| KDM1A | |
|---|---|
| Gene Symbol | KDM1A |
| Full Name | Lysine Specific Demethylase 1A |
| Chromosomal Location | 1p36.22 |
| NCBI Gene ID | 23028 |
| Ensembl ID | ENSG00000136867 |
| OMIM ID | 607042 |
| UniProt ID | O60341 |
| Associated Diseases | Neurodevelopmental Disorders, Alzheimer's Disease, Parkinson's Disease |
| Protein Family | LSD1 family (Flavin-dependent amine oxidase) |
Kdm1A Lysine Specific Demethylase 1A is an important component in the neurobiology of neurodegenerative diseases. This page provides detailed information about its structure, function, and role in disease processes.
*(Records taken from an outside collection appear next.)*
-- ===== src/Grades/Text/Order.antt =====
-- `strcmp` is a total order on strings, and tells them apart.
use system_related_in_c.Base.{◌≡◌, ◌≢◌, refl, true, false, [], ◌∷◌, arith}
use system_related_in_c.Grades.Text.{Str, Sign, negative, zero_sign, positive, strcmp, same}

abbrev pub flip : Sign → Sign
flip negative = positive
flip zero_sign = zero_sign
flip positive = negative

-- At most.
abbrev pub AtMost : Sign → Type 0
AtMost s = s ≢ positive

pub strcmp_self : (s : Str) → strcmp s s ≡ zero_sign
unfolding strcmp
strcmp_self [] = refl
strcmp_self (c ∷ s) = ground (arith, strcmp_self s)

pub eq_of_strcmp : (s t : Str) → strcmp s t ≡ zero_sign → s ≡ t
unfolding strcmp
eq_of_strcmp [] [] h = refl
eq_of_strcmp [] (d ∷ t) h = cc
eq_of_strcmp (c ∷ s) [] h = cc
eq_of_strcmp (c ∷ s) (d ∷ t) h = ground (arith, eq_of_strcmp s t)

pub strcmp-flip : (s t : Str) → strcmp t s ≡ flip (strcmp s t)
unfolding strcmp
strcmp-flip [] [] = refl
strcmp-flip [] (d ∷ t) = refl
strcmp-flip (c ∷ s) [] = refl
strcmp-flip (c ∷ s) (d ∷ t) = ground (arith, strcmp-flip s t)

pub strcmp_trans :
    (s t u : Str) → strcmp s t ≡ negative → strcmp t u ≡ negative → strcmp s u ≡ negative
unfolding strcmp
strcmp_trans [] t [] h k = ground (arith, strcmp-flip t [])
strcmp_trans [] t (e ∷ u) h k = refl
strcmp_trans (c ∷ s) [] u h k = cc
strcmp_trans (c ∷ s) (d ∷ t) [] h k = cc
strcmp_trans (c ∷ s) (d ∷ t) (e ∷ u) h k = ground (arith, strcmp_trans s t u)

pub same_self : (s : Str) → same s s ≡ true
same_self s = ground (arith, strcmp_self s)

pub eq_of_same : (s t : Str) → same s t ≡ true → s ≡ t
eq_of_same s t h = ground (arith, eq_of_strcmp s t)

pub same_ne : {s t : Str} → s ≢ t → same s t ≡ false
same_ne {s} {t} ne = ground (arith, eq_of_strcmp s t)
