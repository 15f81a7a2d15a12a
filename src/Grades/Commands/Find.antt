-- ===== src/Grades/Commands/Find.antt =====
-- The search of searchStudent through the array.
use system_related_in_c.Base.{
  ◌≡◌, refl, sym, subst, ap, Bool, true, false, none, some, List, [], ◌∷◌, ◌++◌, arith, ◌&&◌, inl,
  inr, Bool-cases, All,
}
use system_related_in_c.Grades.Text.{Str, same}
use system_related_in_c.Grades.Text.Order.{same_self, eq_of_same}
use system_related_in_c.Grades.Students.{Student}
use system_related_in_c.Grades.Commands.{find_student}

abbrev pub Matches : Str → Str → Student → Type 0
Matches name surname s = (s.name ≡ name) × (s.surname ≡ surname)

abbrev test : Str → Str → Student → Bool
test name surname t = same t.name name && same t.surname surname

Matches-of-test :
    (name surname : Str) (t : Student) → test name surname t ≡ true → Matches name surname t
Matches-of-test name surname t h =
    (eq_of_same t.name name (ground arith), eq_of_same t.surname surname (ground arith))

not-Matches :
    (name surname : Str) (t : Student) → test name surname t ≡ false → ¬ Matches name surname t
not-Matches name surname t h (e, e') = cc (
  subst (λ x. test x t.surname t ≡ false) (sym e) (subst (λ x. test name x t ≡ false) (sym e') h),
  both,
)
  where
    both : test t.name t.surname t ≡ true
    both = rw (same_self t.name, same_self t.surname)

-- A student that searchStudent finds has both names, and no student before it has both.
pub find_student-first :
    (name surname : Str) (students : List Student) (s : Student)
    → find_student name surname students ≡ some s
    → (before : List Student) × (after : List Student) × (students ≡ before ++ s ∷ after)
      × Matches name surname s
      × All (λ t. ¬ Matches name surname t) before
unfolding find_student
find_student-first name surname [] s e = cc
find_student-first name surname (t ∷ students) s e = elim (Bool-cases (test name surname t)) [
  | inl m ↦
      let here : t ≡ s = ground arith in
      ([], students, ap (λ x. x ∷ students) here, rw here at (Matches-of-test name surname t m), tt)
  | inr m ↦
      let (before, after, eq, found, others) =
        find_student-first name surname students s (ground arith) in
      (t ∷ before, after, ap (λ l. t ∷ l) eq, found, (not-Matches name surname t m, others))
]

-- If searchStudent finds no student, none has both names.
pub find_student-none :
    (name surname : Str) (students : List Student)
    → find_student name surname students ≡ none
    → All (λ t. ¬ Matches name surname t) students
unfolding find_student
find_student-none name surname [] e = tt
find_student-none name surname (t ∷ students) e = elim (Bool-cases (test name surname t)) [
  | inl m ↦ absurd (ground arith)
  | inr m ↦ (not-Matches name surname t m, find_student-none name surname students (ground arith))
]

pub find_student-append :
    (name surname : Str) (students : List Student) (s : Student)
    → find_student name surname students ≡ none
    → find_student name surname (students ++ s ∷ []) ≡ find_student name surname (s ∷ [])
unfolding find_student
find_student-append name surname [] s e = refl
find_student-append name surname (t ∷ students) s e =
    elim (Bool-cases (same t.name name && same t.surname surname)) [
      | inl m ↦ absurd (ground (arith))
      | inr m ↦ rw m (find_student-append name surname students s (ground arith))
    ]
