-- ===== src/Grades/World/Files.antt =====
-- What opening, appending and logging leave of the files.
use system_related_in_c.Base.{
  ◌≡◌, ◌≢◌, refl, sym, true, false, some, [], ◌∷◌, ◌++◌, append_assoc, ap, inl, inr, Bool-cases,
}
use system_related_in_c.Grades.Text.{Str, codes, newline, same}
use system_related_in_c.Grades.Text.Order.{same_self, same_ne, eq_of_same}
use system_related_in_c.Grades.World.{
  Env, World, ok, exited, content, put_file, open_file, append, log_message, fork, wait, Proc,
}

abbrev pub log_file : Str
log_file = codes "log.txt"

-- The file is there.
pub touch : Str → World → World
touch name w = record w { files = put_file name (content (w.files name)) w.files }

pub extend : Str → Str → World → World
extend name s w = record w { files = put_file name (content (w.files name) ++ s) w.files }

pub logged : Str → World → World
logged message w = extend log_file (newline ∷ []) (extend log_file message (touch log_file w))

pub files-extend_self :
    (name s : Str) (w : World) → (extend name s w).files name ≡ some (content (w.files name) ++ s)
unfolding extend
files-extend_self name s w = rw (same_self name)

pub files-extend_ne :
    (name s : Str) (w : World) {g : Str} → g ≢ name → (extend name s w).files g ≡ w.files g
unfolding extend
files-extend_ne name s w ne = rw (same_ne ne)

pub files-touch_self :
    (name : Str) (w : World) → (touch name w).files name ≡ some (content (w.files name))
unfolding touch
files-touch_self name w = rw (same_self name)

pub files-touch_ne :
    (name : Str) (w : World) {g : Str} → g ≢ name → (touch name w).files g ≡ w.files g
unfolding touch
files-touch_ne name w ne = rw (same_ne ne)

-- A file that was not there is as good as an empty one.
pub content-touch :
    (name : Str) (w : World) (g : Str) → content ((touch name w).files g) ≡ content (w.files g)
unfolding touch
content-touch name w g = elim (Bool-cases (same g name)) [
  | inl e ↦ rw e (ap (λ f. content (w.files f)) (sym (eq_of_same g name e)))
  | inr e ↦ rw e
]

-- The log grows by the message and a new line; the other files and the terminal stay.
pub files-logged_self :
    (message : Str) (w : World)
    → (logged message w).files log_file
      ≡ some (content (w.files log_file) ++ (message ++ newline ∷ []))
unfolding logged
files-logged_self message w = rw (
  files-extend_self log_file (newline ∷ []) (extend log_file message (touch log_file w)),
  files-extend_self log_file message (touch log_file w),
  files-touch_self log_file w,
  append_assoc,
)

pub files-logged_ne :
    (message : Str) (w : World) {g : Str} → g ≢ log_file → (logged message w).files g ≡ w.files g
unfolding logged
files-logged_ne message w ne = rw (
  files-extend_ne log_file (newline ∷ []) (extend log_file message (touch log_file w)) ne,
  files-extend_ne log_file message (touch log_file w) ne,
  files-touch_ne log_file w ne,
)

pub out-logged : (message : Str) (w : World) → (logged message w).out ≡ w.out
unfolding logged extend touch
out-logged message w = refl

pub out-touch : (name : Str) (w : World) → (touch name w).out ≡ w.out
unfolding touch
out-touch name w = refl

pub out-extend : (name s : Str) (w : World) → (extend name s w).out ≡ w.out
unfolding extend
out-extend name s w = refl

-- `print` goes only to the terminal.
pub append-extend : (name s : Str) (w : World) → append name s w ≡ ok tt (extend name s w)
unfolding append extend
append-extend name s w = refl

module _ (env : Env) where
  pub open_file-ok :
      (name : Str) (w : World)
      → env.open_ok name ≡ true
      → open_file env name w ≡ ok (content (w.files name)) (touch name w)
  unfolding open_file touch
  open_file-ok name w can = rw can

  pub open_file-refused :
      (name : Str) (w : World) → env.open_ok name ≡ false → open_file env name w ≡ exited 1 w
  unfolding open_file
  open_file-refused name w cannot = rw cannot

  pub log_message-ok :
      (message : Str) (w : World)
      → env.open_ok log_file ≡ true
      → log_message env message w ≡ ok tt (logged message w)
  unfolding log_message open_file append logged extend touch
  log_message-ok message w can = rw can

  pub fork-ok :
      (child : Proc (Unit {0})) (w : World) → env.fork_ok ≡ true → fork env child w ≡ wait (child w)
  unfolding fork
  fork-ok child w can = rw can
KDM1A encodes a lsd1 family (flavin-dependent amine oxidase) that catalyzes the removal of methyl groups from histone lysine residues. This epigenetic enzyme plays critical roles in chromatin remodeling and gene expression regulation in the nervous system. Histone methylation is a key post-translational modification that regulates neuronal gene expression programs involved in development, synaptic plasticity, and memory formation.
The KDM1A gene product is a histone demethylase that specifically removes methyl groups from lysine residues on histone H3 and H4. This enzyme belongs to the LSD1 family (Flavin-dependent amine oxidase) and functions as a transcriptional regulator by modulating chromatin accessibility. In neurons, KDM1A regulates genes involved in synaptic plasticity, neuronal survival, and stress responses. The enzyme requires iron and 2-oxoglutarate as cofactors for its demethylase activity.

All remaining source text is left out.